Loose Ladies Day Outting by Lady Anne Mantal
This was the last of the season’s jaunts for the LOOSE Lady’s Local History Re-enactment Society. Already in May we enjoyed the day in Westmoreland, at Synergy Castle; the home of Sicklands from the Thirteenth Century time, until it passed into the surgical truss in 1952. Here too were the makings of a large bouncy castle with rubber walls, knights, horses, buxom wenches and hairy peasants. This re-enactment was lots of fun, however Lady Fanshaw remarked that having boiling oil poured over our heads as we stormed the gates was, quote, ‘a tad over the top.’ for her liking. Only two dead and three maimed in this muster.
The architecture, the furniture, the pictures and the domestic appliances: kettles, cooker; cauldron, all contribute to the opulent living. But a Thirteenth Century Castle, be it large or pokey, that is lived in is more homely than the a block of concrete on the fast lane of the M6; that was rubbish living there. And so it was with Blowhard Hall. There we were received by the owner, Col. Parker-balls and accompanied him on a tour of the manor to see yet more furniture: pictures, bandaged gear; whips; handcuffs and weekly prodding of the butler with a pointy stick. He being a gentleman's gentleman, a ritual going back to 1974, before leaving for Sugerwalls and afternoon tea with scones. On the coach, Lady Fanshaw explained the meaning and gave exacting demonstration of the ‘cucumber number’ and a very strange thing this sex thingy must be, hey Ladies? I’m sure my parents never did anything like that! Sugerwall's tea was nice, however I couldn’t face down the creamed filled scones after her very graphic demo.
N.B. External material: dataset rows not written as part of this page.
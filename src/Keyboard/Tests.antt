-- ===== src/Keyboard/Tests.antt =====
-- Key presses, and the theorems about the key buffer at concrete buffers.
use vi_os.Prelude.{
  ℕ, ◌+◌, ◌%◌, ◌<◌, ◌≡◌, refl, sym, true, false, [], ◌∷◌, none, some, arith, replicate,
  length-replicate, get_or, ok, fault, zero, suc,
}
use vi_os.CString.Length.{NoNul}
use vi_os.Keyboard.{KeyboardBuffer, scancode_to_char, handle_interrupt}
use vi_os.Keyboard.Ring.{Queue}
use vi_os.Keyboard.Scancodes.{handle_interrupt-Queue}

get_or-replicate : (n i d : ℕ) → get_or (replicate n d) i d ≡ d
get_or-replicate zero i d = refl
get_or-replicate (suc n) zero d = refl
get_or-replicate (suc n) (suc i) d = get_or-replicate n i d

-- The buffer of a new process, and one that is full of the letter "a".
abbrev empty : KeyboardBuffer
empty = record { buffer = replicate 1024 0; tail = 0; head = 0 }

empty-Queue : Queue empty []
empty-Queue = record {
  size = length-replicate {A = ℕ} 1024 0;
  ends = refl;
  fits = omega arith;
  small = omega arith;
  slots = λ i lt. get_or-replicate 1024 ((0 + i) % 1024) 0;
  nonzero = tt;
}

full : KeyboardBuffer
full = record { buffer = replicate 1024 97; tail = 1024; head = 0 }

NoNul-replicate : (n : ℕ) → NoNul (replicate {A = ℕ} n 97)
NoNul-replicate zero = tt
NoNul-replicate (suc n) = (refl, NoNul-replicate n)

filled : (n i : ℕ) → i < n → get_or (replicate {A = ℕ} n 97) i 0 ≡ 97
filled zero i lt = absurd (omega arith)
filled (suc n) zero lt = refl
filled (suc n) (suc i) lt = filled n i (omega arith)

get_or-same :
    (n i j : ℕ)
    → i < n
    → j < n
    → get_or (replicate {A = ℕ} n 97) i 0 ≡ get_or (replicate {A = ℕ} n 97) j 0
get_or-same zero i j lt lt' = absurd (omega arith)
get_or-same (suc n) zero zero lt lt' = refl
get_or-same (suc n) zero (suc j) lt lt' = sym (filled n j (omega arith))
get_or-same (suc n) (suc i) zero lt lt' = filled n i (omega arith)
get_or-same (suc n) (suc i) (suc j) lt lt' = get_or-same n i j (omega arith) (omega arith)

full-Queue : Queue full (replicate 1024 97)
unfolding full
full-Queue = record {
  size = length-replicate {A = ℕ} 1024 97;
  ends = omega (arith, length-replicate {A = ℕ} 1024 97);
  fits = omega (arith, length-replicate {A = ℕ} 1024 97);
  small = omega arith;
  slots = λ i lt. get_or-same 1024 ((0 + i) % 1024) i (omega arith) lt;
  nonzero = NoNul-replicate 1024;
}

-- A scancode of the size of the table is read behind it.
behind_table : scancode_to_char true 82 ≡ fault
unfolding scancode_to_char
behind_table = refl

capslock_key : handle_interrupt false none 58 ≡ ok (true, none)
unfolding handle_interrupt scancode_to_char
capslock_key = refl

handle_interrupt-Queue_example :
    (keyboard' : KeyboardBuffer) × (handle_interrupt false (some empty) 30
      ≡ ok (false, some keyboard'))
    × Queue keyboard' (97 ∷ [])
unfolding scancode_to_char
handle_interrupt-Queue_example =
    handle_interrupt-Queue false empty [] 30 97 empty-Queue (omega arith) (omega arith)
      (omega arith) refl refl refl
The evening excursion to Downonham Hall was the jewel in my box, as this is where the gnomes must live, so pokey, only ten bedrooms. Yet there we were received like Ladies, which of course some of us are, including Trevor (a very big lady) by Lord Clitheroe himself who shook hands with everyone, then extended his warm lordly buttocks to each of us, which Lady Fanshaw kissed with gusto, remarking on ‘how much less pimply they where than Col. Parker-ball’s.’ We were shown more furniture, boring really, so we kicked it about a bit and left.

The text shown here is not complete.